Eckhardt's envoy prostrated himself before the King.

"I crave the King's pardon—it was my Lord Eckhardt's command to carry straight and unannounced the tidings to the King's ear—your hosts have stormed Castel San Angelo! Your enemy is no more!"

"Rise!" thundered Otto, while Stephania had rushed with a pitiful moan of anguish from her retreat, and was gazing at the messenger, as if life and death sat on his lips. "What do you mean?"

But ere the man could answer, a terrible shriek by his side caused Otto to start. Stephania had rushed to the window. Following the direction of her gaze, his heart sank within him with the weight of his own despair.

A body was seen swinging from the ramparts,—it needed neither soothsayer nor prophet to explain what had befallen.

Eckhardt had kept his oath.

"When the imperial Chamberlain told him that you were here with the King," Haco addressed the woman, who stared with wide-eyed despair from one to the other, "Crescentius charged in person the invading hosts.
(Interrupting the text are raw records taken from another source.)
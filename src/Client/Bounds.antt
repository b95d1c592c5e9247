-- ===== src/Client/Bounds.antt =====
-- How long a message is that src/client.rs reads from a connection.
use brqueue.Base.{
  ℕ, zero, suc, ◌-◌, ◌<◌, ◌≤◌, ◌^◌, ◌≡◌, refl, ap, ◌∙◌, sym, List, [], ◌∷◌, Result, ok, err, length,
  length-append, arith,
}
use brqueue.Base.Int.{ℤ, pos, negsuc}
use brqueue.Std.Io.{IoError}
use brqueue.Std.Fs.{Bytes}
use brqueue.Std.Net.{TcpStream, Arrival, chunk, failure, read, take, replicate}
use brqueue.Binary.{get_size}
use brqueue.Client.Library.{Library}
use brqueue.Client.Framing.{message, filled, read_body, read_sized, after_size, read_message}

length-take : (n : ℕ) (bytes : Bytes) → length (take n bytes) ≤ n
length-take zero bytes = omega arith
length-take (suc n) [] = omega arith
length-take (suc n) (b ∷ bytes) = omega (arith, length-take n bytes)

length-replicate : (n : ℕ) → length (replicate {A = ℕ} n 0) ≡ n
length-replicate zero = refl
length-replicate (suc n) = ap suc (length-replicate n)

-- A read gets at most as many bytes as its buffer has room for.
length-read :
    (s : TcpStream) (n : ℕ) (bytes : Bytes) (t : TcpStream)
    → read s n ≡ (ok bytes, t)
    → length bytes ≤ n
unfolding read
length-read s zero bytes t h = ground arith
length-read s (suc n) bytes t h = from s.incoming refl
  where
    from : (arrivals : List Arrival) → s.incoming ≡ arrivals → length bytes ≤ suc n
    from [] k = ground arith
    from (failure e ∷ rest) k = ground arith
    from (chunk piece ∷ rest) k = ground (arith, length-take (suc n) piece)

length-filled : (n : ℕ) (bytes : Bytes) → length bytes ≤ n → length (filled n bytes) ≡ n
length-filled n bytes h = omega (
  arith,
  length-append bytes (replicate (n - length bytes) 0),
  length-replicate (n - length bytes),
)

module _ {U : Type 0} (lib : Library U) where
  read_body-length :
      (size : ℕ) (s t : TcpStream) (content : Bytes) (r : Result IoError Bytes × TcpStream)
      → read s size ≡ r
      → read_body lib size r ≡ (message content, t)
      → length content ≡ size
  unfolding read_body
  read_body-length size s t content (ok bytes, u) e h =
      let same : filled size bytes ≡ content = cc h in
      ap length (sym same) ∙ length-filled size bytes (length-read s size bytes u e)
  read_body-length size s t content (err x, u) e h = cc h

  read_sized-length :
      (s t : TcpStream) (content : Bytes) (r : Result IoError ℤ)
      → read_sized lib s r ≡ (message content, t)
      → r ≡ ok (pos (length content))
  unfolding read_sized
  read_sized-length s t content (ok (pos size)) h =
      ap (λ n. ok (pos n)) (sym (read_body-length size s t content (read s size) refl h))
  read_sized-length s t content (ok (negsuc n)) h = cc h
  read_sized-length s t content (err x) h = cc h

  after_size-length :
      (t : TcpStream) (content : Bytes) (r : Result IoError Bytes × TcpStream)
      → after_size lib r ≡ (message content, t)
      → (head : Bytes) × (r.0 ≡ ok head)
        × (get_size lib.order (filled 4 head) ≡ ok (pos (length content)))
  unfolding after_size
  after_size-length t content (ok [], u) h = cc h
  after_size-length t content (ok (b ∷ bytes), u) h =
      (b ∷ bytes, refl, read_sized-length u t content _ h)
  after_size-length t content (err x, u) h = cc h

  -- Whatever arrives on a connection, before a login or after it: a message that `read_message` returns
  -- has exactly the length that the first bytes, filled up with zeros to four, announce,
  -- and it is shorter than 2^31 bytes.
  pub read_message-length :
      (s t : TcpStream) (content : Bytes)
      → read_message lib s ≡ (message content, t)
      → ((head : Bytes) × ((read s 4).0 ≡ ok head)
          × (get_size lib.order (filled 4 head) ≡ ok (pos (length content))))
        × (length content < 2 ^ 31)
  unfolding read_message get_size
  read_message-length s t content h =
      let (head, e, announced) = after_size-length t content (read s 4) h in
      ((head, e, announced), lib.order.read_i32-bound (filled 4 head) (length content) announced)
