-- ===== src/Rendezvous.antt =====
-- `bounded(0)` of the crate crossbeam, which the program calls and does not implement: a channel
-- that holds no message, so that a send succeeds only while a receiver is blocked in a receive.
pub mod ListRendezvous
use brqueue.Base.{ℕ, ◌+◌, ◌<◌, ◌≡◌, List, [], ◌∷◌, ◌++◌}

-- The result of `try_send`; an error gives the message back.
pub data TrySend (A : Type 0) : Type 0 where
  sent : TrySend A
  full : A → TrySend A
  disconnected : A → TrySend A

-- `ready` is the number of receivers that are blocked, and `handed` the messages that receivers
-- took, oldest first. The laws are the documented behaviour while both ends are alive.
pub record Rendezvous (A : Type 0) : Type 1 where
  pub State : Type 0
  pub bounded : State
  pub try_send : State → A → TrySend A × State
  pub ready : State → ℕ
  pub handed : State → List A
  pub ready-bounded : ready bounded ≡ 0
  pub try_send_full : (s : State) (a : A) → ready s ≡ 0 → try_send s a ≡ (full a, s)
  pub try_send_sent :
      (s : State) (a : A)
      → 0 < ready s
      → (t : State) × (try_send s a ≡ (sent, t))
        × (ready t + 1 ≡ ready s)
        × (handed t ≡ handed s ++ a ∷ [])
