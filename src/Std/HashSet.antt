-- ===== src/Std/HashSet.antt =====
-- `std::collections::HashSet`: a list of its members, whose order stands for the iteration order.
use brqueue.Base.{
  ◌≡◌, refl, ◌↔◌, Bool, true, false, ◌||◌, ◌&&◌, not, List, [], ◌∷◌, ◌++◌, all, arith, Eq, ◌==◌,
  if◌then◌else◌,
}

abbrev pub HashSet : Type 0 → Type 0
HashSet A = List A

module _ {A : Type 0} ⦃e : Eq A⦄ where
  unfoldable pub contains : HashSet A → A → Bool
  contains [] a = false
  contains (x ∷ xs) a = x == a || contains xs a

  -- A member that is there already is not added again.
  unfoldable pub insert : HashSet A → A → HashSet A
  unfolding contains
  insert xs a = if contains xs a then xs else a ∷ xs

  unfoldable pub remove : HashSet A → A → HashSet A
  remove [] a = []
  remove (x ∷ xs) a = let rest = remove xs a in if x == a then rest else x ∷ rest

  unfoldable pub from_iter : List A → HashSet A
  unfolding insert
  from_iter [] = []
  from_iter (x ∷ xs) = insert (from_iter xs) x

  unfoldable pub is_subset : HashSet A → HashSet A → Bool
  unfolding contains
  is_subset xs ys = all (contains ys) xs

  unfoldable pub is_superset : HashSet A → HashSet A → Bool
  unfolding is_subset
  is_superset xs ys = is_subset ys xs

  -- No member is listed twice.
  abbrev pub IsDistinct : HashSet A → Type 0
  IsDistinct [] = Unit
  IsDistinct (x ∷ xs) = (contains xs x ≡ false) × IsDistinct xs

  pub contains-append :
      (xs ys : List A) (a : A) → contains (xs ++ ys) a ≡ (contains xs a || contains ys a)
  unfolding contains
  contains-append [] ys a = refl
  contains-append (x ∷ xs) ys a = ground (arith, contains-append xs ys a)

  pub contains-insert :
      (xs : HashSet A) (a b : A) → contains (insert xs a) b ≡ (a == b || contains xs b)
  unfolding insert contains
  contains-insert xs a b = ground arith

  pub contains-remove :
      (xs : HashSet A) (a b : A) → contains (remove xs a) b ≡ (not (a == b) && contains xs b)
  unfolding remove contains
  contains-remove [] a b = ground arith
  contains-remove (x ∷ xs) a b = ground (arith, contains-remove xs a b)

  pub contains-from_iter : (l : List A) (a : A) → contains (from_iter l) a ≡ contains l a
  unfolding from_iter contains
  contains-from_iter [] a = refl
  contains-from_iter (x ∷ l) a =
      ground (arith, contains-insert (from_iter l) x a, contains-from_iter l a)

  insert-IsDistinct : (xs : HashSet A) (a : A) → IsDistinct xs → IsDistinct (insert xs a)
  unfolding insert
  insert-IsDistinct xs a d = ground arith

  remove-IsDistinct : (xs : HashSet A) (a : A) → IsDistinct xs → IsDistinct (remove xs a)
  unfolding remove contains
  remove-IsDistinct [] a d = tt
  remove-IsDistinct (x ∷ xs) a (fresh, d) =
      ground (arith, remove-IsDistinct xs a d, contains-remove xs a x)

  is_subset_sound :
      (xs ys : HashSet A)
      → is_subset xs ys ≡ true
      → (a : A) → contains xs a ≡ true
      → contains ys a ≡ true
  unfolding is_subset contains
  is_subset_sound [] ys h a m = cc
  is_subset_sound (x ∷ xs) ys h a m = ground (arith, is_subset_sound xs ys (ground arith) a)

  is_subset_complete :
      (xs ys : HashSet A)
      → ((a : A) → contains xs a ≡ true → contains ys a ≡ true)
      → is_subset xs ys ≡ true
  unfolding is_subset contains
  is_subset_complete [] ys h = refl
  is_subset_complete (x ∷ xs) ys h =
      ground (arith, h x, is_subset_complete xs ys (λ a m. h a (ground arith)))

  -- The subset test decides inclusion of the members.
  pub is_subset_iff :
      (xs ys : HashSet A)
      → (is_subset xs ys ≡ true) ↔ ((a : A) → contains xs a ≡ true → contains ys a ≡ true)
  is_subset_iff xs ys = (is_subset_sound xs ys, is_subset_complete xs ys)
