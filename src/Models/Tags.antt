-- ===== src/Models/Tags.antt =====
-- `Tags` of src/models.rs: the set of capabilities that an item needs or a consumer has.
use brqueue.Base.{String, Bool, List, [], string_eq}
use brqueue.Std.HashSet
use brqueue.Std.HashSet.{HashSet}

pub record Tags : Type 0 where
  pub inner : HashSet String

unfoldable pub new : Tags
new = record { inner = HashSet.from_iter [] }

unfoldable pub add_tag : Tags → String → Tags
unfolding HashSet.insert
add_tag tags s = record { inner = HashSet.insert tags.inner s }

unfoldable pub is_subset : Tags → Tags → Bool
unfolding HashSet.is_subset
is_subset tags other = HashSet.is_subset tags.inner other.inner

unfoldable pub is_superset : Tags → Tags → Bool
unfolding HashSet.is_superset
is_superset tags other = HashSet.is_superset tags.inner other.inner

-- `Tags::from` of a vector of strings.
unfoldable pub from : List String → Tags
unfolding HashSet.from_iter
from v = record { inner = HashSet.from_iter v }

-- The strings of the tags.
abbrev pub has : Tags → String → Bool
has tags s = HashSet.contains tags.inner s
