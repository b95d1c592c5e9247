-- ===== src/Models.antt =====
-- src/models.rs: priorities, tags and queue items.
pub mod Tags
pub mod QueueItem
pub mod Routing

pub data Priority : Type 0 where
  low high : Priority
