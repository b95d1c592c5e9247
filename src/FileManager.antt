-- ===== src/FileManager.antt =====
-- src/internal_queue_file_manager.rs: the errors of the file manager, and the part of it that the
-- queue server calls, as an interface.
pub mod Files
pub mod Saving
pub mod Access
pub mod Collection
pub mod Opened
pub mod Journal
pub mod Recording
pub mod Views
pub mod Compaction
pub mod Merging
pub mod Collecting
pub mod Refinement
pub mod Removal
pub mod Pending
pub mod Simulation
pub mod Starting
pub mod Interrupted
pub mod Buffered
pub mod Unwritten
pub mod Unflushed
pub mod Rewriting
use brqueue.Base.{String, Bool, Result}
use brqueue.Std.Io.{IoError}
use brqueue.Models.QueueItem.{QueueItem}

-- A serialization error of the crate bincode is the text that it displays, which is all that the
-- program uses of it.
pub data Error : Type 0 where
  io_error : IoError → Error
  failed_to_serialize_work_item : String → Error
  mutex_corrupted : Error
  garbage_collection_failed : Error

-- `InternalQueueFileManager::new` and `save_item`.
pub record Storage (U T : Type 0) : Type 1 where
  pub State : Type 0
  pub new : String → Bool → Result Error State
  pub save_item : State → QueueItem U T → Result Error (Unit {0}) × State
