-- ===== src/QueueServer/Runtime.antt =====
-- What a queue server of src/queue_server.rs runs on: the channels of its queues, the channel on
-- which it hands an item to a waiting consumer, and the storage that saves its items.
use brqueue.Channel.{Channel}
use brqueue.Rendezvous.{Rendezvous}
use brqueue.FileManager.{Storage}
use brqueue.Models.QueueItem.{QueueItem}

pub record Runtime (U T : Type 0) : Type 1 where
  pub channel : Channel (QueueItem U T)
  pub rendezvous : Rendezvous (QueueItem U T)
  pub storage : Storage U T
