-- ===== src/QueueServer/Errors.antt =====
-- The errors of src/queue_server.rs.
use Prim.Native.String.{◌++◌ as ◌<>◌}
use brqueue.Base.{String}
use brqueue.Std.Io.{IoError}
use brqueue.FileManager

pub data Error : Type 0 where
  queue_corrupted : Error
  io_error : IoError → Error
  mutex_corrupted : Error
  failed_to_serialize_work_item : String → Error
  garbage_collection_failed : Error

-- `convert::From` of the file manager's errors.
unfoldable pub from : FileManager.Error → Error
from (FileManager.Error.io_error e) = io_error e
from (FileManager.Error.failed_to_serialize_work_item e) = failed_to_serialize_work_item e
from FileManager.Error.mutex_corrupted = mutex_corrupted
from FileManager.Error.garbage_collection_failed = garbage_collection_failed

-- The `Display` of an error.
unfoldable pub display : Error → String
display queue_corrupted = "Queue corrupted"
display (io_error e) = "Failed to open persistence files: " <> e.text
display mutex_corrupted = "File mutex corrupted"
display (failed_to_serialize_work_item e) = "Failed to serialize work item: " <> e
display garbage_collection_failed = "Garbage collection failed"
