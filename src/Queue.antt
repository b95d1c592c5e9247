-- ===== src/Queue.antt =====
-- src/queue.rs: one queue of items over an unbounded channel. The sender and the receiver of the
-- source are the two ends of the channel, so a queue is the channel's state; its clones share it.
pub mod Order
pub mod Conservation
pub mod Threads
use brqueue.Base.{
  ℕ, zero, suc, String, Option, none, some, List, [], ◌∷◌, ◌++◌, Result, ok, err, length,
  if◌then◌else◌,
}
use brqueue.Channel.{Channel}
use brqueue.Models.Tags.{Tags}
use brqueue.Models.QueueItem
use brqueue.Models.QueueItem.{QueueItem}

pub data Error : Type 0 where
  queue_corrupted : Error

-- The `Display` of the error.
unfoldable pub display : Error → String
display queue_corrupted = "Queue corrupted"

module _ {U T : Type 0} (C : Channel (QueueItem U T)) where
  abbrev pub Queue : Type 0
  Queue = C.State

  unfoldable pub new : Queue
  new = C.unbounded

  sent : Queue → Option Queue → Result Error (Unit {0}) × Queue
  sent q none = (err queue_corrupted, q)
  sent q (some r) = (ok tt, r)

  unfoldable pub enqueue : Queue → QueueItem U T → Result Error (Unit {0}) × Queue
  unfolding sent
  enqueue q item = sent q (C.send q item)

  -- `for failure in failures { self.sender.send(failure); }`, which ignores the results.
  unfoldable pub send_all : Queue → List (QueueItem U T) → Queue
  unfolding sent
  send_all q [] = q
  send_all q (item ∷ items) = send_all (sent q (C.send q item)).1 items

  -- The `while let` loop of `pop`; `none` means that the fuel ran out.
  pub pop_loop : Tags → ℕ → Queue → List (QueueItem U T) → Option (Option (QueueItem U T) × Queue)
  unfolding send_all
  pop_loop capabilities zero q failures = none
  pop_loop capabilities (suc fuel) q failures = elim (C.try_recv q) [
    | none ↦ some (none, q)
    | some (item, r) ↦
        let rest = pop_loop capabilities fuel r (failures ++ item ∷ []) in
        if QueueItem.can_be_handled_by item capabilities
        then some (some item, send_all r failures)
        else rest
  ]

  finish :
      Queue
      → Option (Option (QueueItem U T) × Queue)
      → Result Error (Option (QueueItem U T)) × Queue
  finish q none = (ok none, q)
  finish q (some (popped, r)) = (ok popped, r)

  -- One round for each message in the channel, and one that finds it empty.
  unfoldable pub pop : Queue → Tags → Result Error (Option (QueueItem U T)) × Queue
  unfolding pop_loop finish
  pop q capabilities = finish q (pop_loop capabilities (suc (length (C.contents q))) q [])

  -- `try_iter().collect()`; `none` means that the fuel ran out.
  pub try_iter : ℕ → Queue → Option (List (QueueItem U T) × Queue)
  try_iter zero q = none
  try_iter (suc fuel) q = elim (C.try_recv q) [
    | none ↦ some ([], q)
    | some (item, r) ↦ elim (try_iter fuel r) [
      | none ↦ none
      | some (items, s) ↦ some (item ∷ items, s)
    ]
  ]

  refill :
      Queue → Option (List (QueueItem U T) × Queue) → Result Error (List (QueueItem U T)) × Queue
  unfolding send_all
  refill q none = (ok [], q)
  refill q (some (items, r)) = (ok items, send_all r items)

  unfoldable pub get_content : Queue → Result Error (List (QueueItem U T)) × Queue
  unfolding try_iter refill
  get_content q = refill q (try_iter (suc (length (C.contents q))) q)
Struck down twice, he staggered again to his feet, fighting like a madman in the face of certain death and against fearful odds. When he fell the third time, Eckhardt ordered him suspended from the battlements—to save him the trouble of rising again!" the captain concluded in grim humour.

"What of my pardon for the Senator?" gasped Otto.

"I know of no pardon," replied Haco.

"The pardon of which Benilo was the bearer," Otto repeated.